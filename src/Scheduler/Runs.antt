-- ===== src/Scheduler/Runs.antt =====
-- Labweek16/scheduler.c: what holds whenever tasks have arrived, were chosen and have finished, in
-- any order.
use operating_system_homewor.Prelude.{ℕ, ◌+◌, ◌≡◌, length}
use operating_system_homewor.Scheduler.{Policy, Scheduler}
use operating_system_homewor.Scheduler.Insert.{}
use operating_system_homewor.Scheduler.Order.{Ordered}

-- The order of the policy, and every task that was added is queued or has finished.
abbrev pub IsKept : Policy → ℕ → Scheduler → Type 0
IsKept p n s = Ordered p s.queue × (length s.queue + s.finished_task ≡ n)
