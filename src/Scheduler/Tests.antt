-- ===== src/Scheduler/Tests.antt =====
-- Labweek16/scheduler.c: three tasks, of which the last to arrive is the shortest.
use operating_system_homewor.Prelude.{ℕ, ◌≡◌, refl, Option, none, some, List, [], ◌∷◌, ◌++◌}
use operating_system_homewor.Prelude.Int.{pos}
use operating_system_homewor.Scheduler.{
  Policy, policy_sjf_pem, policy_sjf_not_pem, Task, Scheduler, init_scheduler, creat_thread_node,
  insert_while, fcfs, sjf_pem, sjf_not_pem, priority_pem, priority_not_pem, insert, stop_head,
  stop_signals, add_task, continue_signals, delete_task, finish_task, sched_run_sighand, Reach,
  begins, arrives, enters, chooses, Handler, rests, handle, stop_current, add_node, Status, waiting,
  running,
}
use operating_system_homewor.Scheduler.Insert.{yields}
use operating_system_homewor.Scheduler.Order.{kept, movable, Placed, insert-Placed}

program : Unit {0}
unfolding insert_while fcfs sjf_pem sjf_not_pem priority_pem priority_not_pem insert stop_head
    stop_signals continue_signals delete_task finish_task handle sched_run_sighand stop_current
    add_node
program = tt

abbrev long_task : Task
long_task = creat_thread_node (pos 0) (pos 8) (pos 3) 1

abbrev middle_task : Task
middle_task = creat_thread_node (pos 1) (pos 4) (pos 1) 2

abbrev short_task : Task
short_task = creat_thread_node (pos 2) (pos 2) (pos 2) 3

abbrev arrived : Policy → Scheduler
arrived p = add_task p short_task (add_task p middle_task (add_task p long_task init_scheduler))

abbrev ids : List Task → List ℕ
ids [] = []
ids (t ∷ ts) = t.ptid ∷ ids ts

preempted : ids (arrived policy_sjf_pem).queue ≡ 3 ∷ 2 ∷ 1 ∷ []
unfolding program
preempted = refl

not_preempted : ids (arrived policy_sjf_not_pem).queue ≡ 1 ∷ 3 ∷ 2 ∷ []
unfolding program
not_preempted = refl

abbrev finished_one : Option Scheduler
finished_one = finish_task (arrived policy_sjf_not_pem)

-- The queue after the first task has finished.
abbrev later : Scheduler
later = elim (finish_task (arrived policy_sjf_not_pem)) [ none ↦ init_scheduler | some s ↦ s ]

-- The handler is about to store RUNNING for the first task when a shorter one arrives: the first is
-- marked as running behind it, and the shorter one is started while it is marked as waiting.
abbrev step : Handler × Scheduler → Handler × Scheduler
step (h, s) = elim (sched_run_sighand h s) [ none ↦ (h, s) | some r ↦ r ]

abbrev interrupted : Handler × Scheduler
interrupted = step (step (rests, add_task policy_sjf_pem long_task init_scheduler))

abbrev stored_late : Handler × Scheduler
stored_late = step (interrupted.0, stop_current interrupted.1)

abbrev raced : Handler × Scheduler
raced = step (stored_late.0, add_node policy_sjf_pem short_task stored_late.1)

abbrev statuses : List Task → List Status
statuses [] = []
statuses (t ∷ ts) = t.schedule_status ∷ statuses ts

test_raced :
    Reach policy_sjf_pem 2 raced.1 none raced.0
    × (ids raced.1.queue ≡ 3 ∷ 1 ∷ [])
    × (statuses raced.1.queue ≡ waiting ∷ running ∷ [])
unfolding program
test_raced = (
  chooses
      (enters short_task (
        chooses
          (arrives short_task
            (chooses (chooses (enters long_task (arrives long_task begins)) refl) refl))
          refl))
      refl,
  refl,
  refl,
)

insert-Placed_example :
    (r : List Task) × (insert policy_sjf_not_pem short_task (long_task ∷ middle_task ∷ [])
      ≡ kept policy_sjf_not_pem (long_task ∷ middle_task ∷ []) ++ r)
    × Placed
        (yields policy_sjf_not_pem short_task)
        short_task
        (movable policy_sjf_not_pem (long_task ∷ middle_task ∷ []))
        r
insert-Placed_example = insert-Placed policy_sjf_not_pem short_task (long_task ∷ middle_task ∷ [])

→ Problem details: The answer should be the full listing, repeated without any change.

→ Written solution:
filename src/Scheduler/Runs.antt
-- ===== src/Scheduler/Runs.antt =====
-- Labweek16/scheduler.c: what holds whenever tasks have arrived, were chosen and have finished, in
-- any order.
use operating_system_homewor.Prelude.{ℕ, ◌+◌, ◌≡◌, length}
use operating_system_homewor.Scheduler.{Policy, Scheduler}
use operating_system_homewor.Scheduler.Insert.{}
use operating_system_homewor.Scheduler.Order.{Ordered}

-- The order of the policy, and every task that was added is queued or has finished.
abbrev pub IsKept : Policy → ℕ → Scheduler → Type 0
IsKept p n s = Ordered p s.queue × (length s.queue + s.finished_task ≡ n)
filename src/Scheduler/Tests.antt
-- ===== src/Scheduler/Tests.antt =====
-- Labweek16/scheduler.c: three tasks, of which the last to arrive is the shortest.
use operating_system_homewor.Prelude.{ℕ, ◌≡◌, refl, Option, none, some, List, [], ◌∷◌, ◌++◌}
use operating_system_homewor.Prelude.Int.{pos}
use operating_system_homewor.Scheduler.{
  Policy, policy_sjf_pem, policy_sjf_not_pem, Task, Scheduler, init_scheduler, creat_thread_node,
  insert_while, fcfs, sjf_pem, sjf_not_pem, priority_pem, priority_not_pem, insert, stop_head,
  stop_signals, add_task, continue_signals, delete_task, finish_task, sched_run_sighand, Reach,
  begins, arrives, enters, chooses, Handler, rests, handle, stop_current, add_node, Status, waiting,
  running,
}
use operating_system_homewor.Scheduler.Insert.{yields}
use operating_system_homewor.Scheduler.Order.{kept, movable, Placed, insert-Placed}

program : Unit {0}
unfolding insert_while fcfs sjf_pem sjf_not_pem priority_pem priority_not_pem insert stop_head
    stop_signals continue_signals delete_task finish_task handle sched_run_sighand stop_current
    add_node
program = tt

abbrev long_task : Task
long_task = creat_thread_node (pos 0) (pos 8) (pos 3) 1

abbrev middle_task : Task
middle_task = creat_thread_node (pos 1) (pos 4) (pos 1) 2

abbrev short_task : Task
short_task = creat_thread_node (pos 2) (pos 2) (pos 2) 3

abbrev arrived : Policy → Scheduler
arrived p = add_task p short_task (add_task p middle_task (add_task p long_task init_scheduler))

abbrev ids : List Task → List ℕ
ids [] = []
ids (t ∷ ts) = t.ptid ∷ ids ts

preempted : ids (arrived policy_sjf_pem).queue ≡ 3 ∷ 2 ∷ 1 ∷ []
unfolding program
preempted = refl

not_preempted : ids (arrived policy_sjf_not_pem).queue ≡ 1 ∷ 3 ∷ 2 ∷ []
unfolding program
not_preempted = refl

abbrev finished_one : Option Scheduler
finished_one = finish_task (arrived policy_sjf_not_pem)

-- The queue after the first task has finished.
abbrev later : Scheduler
later = elim (finish_task (arrived policy_sjf_not_pem)) [ none ↦ init_scheduler | some s ↦ s ]

-- The handler is about to store RUNNING for the first task when a shorter one arrives: the first is
-- marked as running behind it, and the shorter one is started while it is marked as waiting.
abbrev step : Handler × Scheduler → Handler × Scheduler
step (h, s) = elim (sched_run_sighand h s) [ none ↦ (h, s) | some r ↦ r ]

abbrev interrupted : Handler × Scheduler
interrupted = step (step (rests, add_task policy_sjf_pem long_task init_scheduler))

abbrev stored_late : Handler × Scheduler
stored_late = step (interrupted.0, stop_current interrupted.1)

abbrev raced : Handler × Scheduler
raced = step (stored_late.0, add_node policy_sjf_pem short_task stored_late.1)

abbrev statuses : List Task → List Status
statuses [] = []
statuses (t ∷ ts) = t.schedule_status ∷ statuses ts

test_raced :
    Reach policy_sjf_pem 2 raced.1 none raced.0
    × (ids raced.1.queue ≡ 3 ∷ 1 ∷ [])
    × (statuses raced.1.queue ≡ waiting ∷ running ∷ [])
unfolding program
test_raced = (
  chooses
      (enters short_task (
        chooses
          (arrives short_task
            (chooses (chooses (enters long_task (arrives long_task begins)) refl) refl))
          refl))
      refl,
  refl,
  refl,
)

insert-Placed_example :
    (r : List Task) × (insert policy_sjf_not_pem short_task (long_task ∷ middle_task ∷ [])
      ≡ kept policy_sjf_not_pem (long_task ∷ middle_task ∷ []) ++ r)
    × Placed
        (yields policy_sjf_not_pem short_task)
        short_task
        (movable policy_sjf_not_pem (long_task ∷ middle_task ∷ []))
        r
insert-Placed_example = insert-Placed policy_sjf_not_pem short_task (long_task ∷ middle_task ∷ [])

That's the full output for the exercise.